In this example, we use the optimizers.adam() function to initialize the optimizer and set the step size. Then we initialize the student model’s parameters using the init_params function. Next, we run the training loop for a number of epochs.

In each iteration of the loop, we first calculate the gradients of the loss function with respect to the student model’s parameters using the grad() function. Then we update the student model’s parameters using the optimizer’s update() function.

The student model’s parameters are updated at each iteration of the loop, causing the model to converge to a set of parameters that minimize the loss function, which in this case is the mean squared error between the student model’s predictions and the soft labels generated by the teacher model.

Appendix:

Why use pseudo labels instead of the true labels

Using pseudo labels, instead of true labels, in model distillation is beneficial for a few reasons:

The teacher model may have been trained on a larger and more diverse dataset than the student model, which means that it can generate more accurate and informative labels for the training data. Using these pseudo labels can help to improve the generalization of the student model.
The teacher model may have learned to recognize patterns or features in the data that are not present in the true labels, but are still useful for the student model to learn. By using the pseudo labels, the student model can learn to extract these additional features, which can improve its performance.
The student model may not have access to the true labels, or they may be expensive to obtain. In this case, using pseudo labels can be a more efficient and cost-effective way to train the student model.
Using pseudo-labels can also increase the amount of data, which can have a positive effect on the performance of student model.

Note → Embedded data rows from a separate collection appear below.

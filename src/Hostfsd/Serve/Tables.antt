-- ===== src/Hostfsd/Serve/Tables.antt =====
-- Which requests leave the tables of handles as they are.
use shinogi.Base.{ℕ, Bool, true, false, Bytes, ◌≡◌, ◌≢◌, inl, inr, refl, arith}
use shinogi.Base.Result.{Result, ok, err, Result-cases}
use shinogi.Hostfsd.Config.{Config}
use shinogi.Hostfsd.Daemon.{Daemon, Request}
use shinogi.Hostfsd.Dirs.{opendir_at, opendir_op, readdir_op, closedir_op}
use shinogi.Hostfsd.Files.{
  take_slot, open_resolved, open_op, close_op, read_at, read_op, write_at, write_op,
}
use shinogi.Hostfsd.Host.{Host, Errno}
use shinogi.Hostfsd.Path.{resolve_path}
use shinogi.Hostfsd.Proto.{
  Op, op_hello, op_open, op_close, op_read, op_write, op_stat, op_opendir, op_readdir, op_closedir,
  op_create, op_delete, op_rename, op_mkdir, op_rmdir, op_setattr, op_dfree, op_caps,
  op_readdir_batch, unknown, e_ok,
}
use shinogi.Hostfsd.Serve.{hello_op, dispatch, answer}
use shinogi.Hostfsd.Tree.{by_call, path_op, rename_op, setattr_op, stat_op, dfree_op}

-- Both tables are as they were.
abbrev pub KeepsTables : {Os : Type 0} → Daemon Os → Daemon Os → Type 0
KeepsTables d d' = (d'.files ≡ d.files) × (d'.dirs ≡ d.dirs)

module _ (H : Host) (cfg : Config) (d : Daemon H.Os) where
  by_call-KeepsTables : (c : Result Errno (Unit {0}) × H.Os) → KeepsTables d (by_call H d c).1
  unfolding by_call
  by_call-KeepsTables (ok _, os') = (refl, refl)
  by_call-KeepsTables (err _, os') = (refl, refl)

  pub path_op-KeepsTables :
      (call : Bytes → H.Os → Result Errno (Unit {0}) × H.Os) (payload : Bytes)
      → KeepsTables d (path_op H call cfg payload d).1
  unfolding path_op
  path_op-KeepsTables call payload = elim (Result-cases (resolve_path H d.os cfg.root payload)) [
    | inr (e, h) ↦ rw (h, path_op) (refl, refl)
    | inl (path, h) ↦ rw (h, path_op) (by_call-KeepsTables (call path d.os))
  ]

  pub rename_op-KeepsTables : (payload : Bytes) → KeepsTables d (rename_op H cfg payload d).1
  unfolding rename_op by_call
  rename_op-KeepsTables payload = ground arith

  pub setattr_op-KeepsTables :
      (a : ℕ) (payload : Bytes) → KeepsTables d (setattr_op H cfg a payload d).1
  unfolding setattr_op by_call
  setattr_op-KeepsTables a payload = ground arith

  pub stat_op-KeepsTables : (payload : Bytes) → KeepsTables d (stat_op H cfg payload d).1
  unfolding stat_op
  stat_op-KeepsTables payload = ground arith

  pub dfree_op-KeepsTables : KeepsTables d (dfree_op H cfg d).1
  unfolding dfree_op
  dfree_op-KeepsTables = ground arith

  pub read_op-KeepsTables : (a b c : ℕ) → KeepsTables d (read_op H a b c d).1
  unfolding read_op read_at
  read_op-KeepsTables a b c = ground arith

  pub readdir_op-KeepsTables : (batch : Bool) (a b : ℕ) → KeepsTables d (readdir_op H batch a b d).1
  unfolding readdir_op
  readdir_op-KeepsTables batch a b = ground arith

  open_op-error :
      (creating : Bool) (a : ℕ) (payload : Bytes)
      → (open_op H cfg creating a payload d).0.status ≢ e_ok
      → KeepsTables d (open_op H cfg creating a payload d).1
  unfolding open_op open_resolved take_slot
  open_op-error creating a payload h = ground arith

  write_op-error :
      (a b : ℕ) (payload : Bytes)
      → (write_op H a b payload d).0.status ≢ e_ok
      → KeepsTables d (write_op H a b payload d).1
  unfolding write_op write_at
  write_op-error a b payload h = ground arith

  close_op-error : (a : ℕ) → (close_op H a d).0.status ≢ e_ok → KeepsTables d (close_op H a d).1
  unfolding close_op
  close_op-error a h = ground arith

  opendir_op-error :
      (payload : Bytes)
      → (opendir_op H cfg payload d).0.status ≢ e_ok
      → KeepsTables d (opendir_op H cfg payload d).1
  unfolding opendir_op opendir_at
  opendir_op-error payload h = ground arith

  closedir_op-error :
      (a : ℕ) → (closedir_op a d).0.status ≢ e_ok → KeepsTables d (closedir_op a d).1
  unfolding closedir_op
  closedir_op-error a h = ground arith

  dispatch-error :
      (op : Op) (r : Request)
      → (dispatch H cfg op r d).0.status ≢ e_ok
      → KeepsTables d (dispatch H cfg op r d).1
  unfolding dispatch hello_op
  dispatch-error op_hello r h = ground arith
  dispatch-error op_caps r h = (refl, refl)
  dispatch-error unknown r h = (refl, refl)
  dispatch-error op_open r h = open_op-error false r.a r.payload h
  dispatch-error op_create r h = open_op-error true r.a r.payload h
  dispatch-error op_close r h = close_op-error r.a h
  dispatch-error op_read r h = read_op-KeepsTables r.a r.b r.c
  dispatch-error op_write r h = write_op-error r.a r.b r.payload h
  dispatch-error op_stat r h = stat_op-KeepsTables r.payload
  dispatch-error op_opendir r h = opendir_op-error r.payload h
  dispatch-error op_readdir r h = readdir_op-KeepsTables false r.a r.b
  dispatch-error op_readdir_batch r h = readdir_op-KeepsTables true r.a r.b
  dispatch-error op_closedir r h = closedir_op-error r.a h
  dispatch-error op_delete r h = path_op-KeepsTables H.unlink r.payload
  dispatch-error op_mkdir r h = path_op-KeepsTables H.make_dir r.payload
  dispatch-error op_rmdir r h = path_op-KeepsTables H.remove_dir r.payload
  dispatch-error op_rename r h = rename_op-KeepsTables r.payload
  dispatch-error op_setattr r h = setattr_op-KeepsTables r.a r.payload
  dispatch-error op_dfree r h = dfree_op-KeepsTables

  -- A request that is answered with an error leaves both tables of handles as they were.
  pub answer-error :
      (r : Request) → (answer H cfg r d).0.status ≢ e_ok → KeepsTables d (answer H cfg r d).1
  unfolding answer
  answer-error r h = ground (arith, dispatch-error r.op r)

It’s important to note that in some cases, the student model needs to be trained on the true labels as well, especially when the student model and teacher model are trained on different datasets. This is to prevent the student model from learning the noise in the pseudo labels.

What is “soft” or “probabilistic” labels?

A “soft label” or “probabilistic label” is a probability distribution over the possible output classes, rather than a single discrete label. In other words, instead of assigning a single class label to each input, a soft label assigns a probability to each class, indicating the degree of confidence that the input belongs to that class.

For example, if we have a model that classifies images of animals into 10 different classes, a soft label for an image of a dog would be a 10-dimensional vector where the probability of the “dog” class is high, and the probabilities of the other classes are low.

Soft labels can be generated by a teacher model trained on the same dataset as the student model, or by any other model that is able to produce probability distributions over the output classes. These soft labels can then be used as “pseudo-labels” to train the student model, which can help it to learn more effectively and generalize better.

Soft labels can be useful in the context of model distillation and knowledge transfer because it helps to transfer more information from the teacher model to the student model. It allows the student model to learn from the teacher model’s confidence and uncertainty, which can help the student model to learn more effectively.

Why the model is distilled (smaller) with more information passed in training process?

The student model is smaller than the teacher model because it has fewer parameters, which means that it requires less memory and computational resources to make predictions. This can be beneficial when deploying the model on resource-constrained devices or in situations where it is important to minimize the computational cost of making predictions.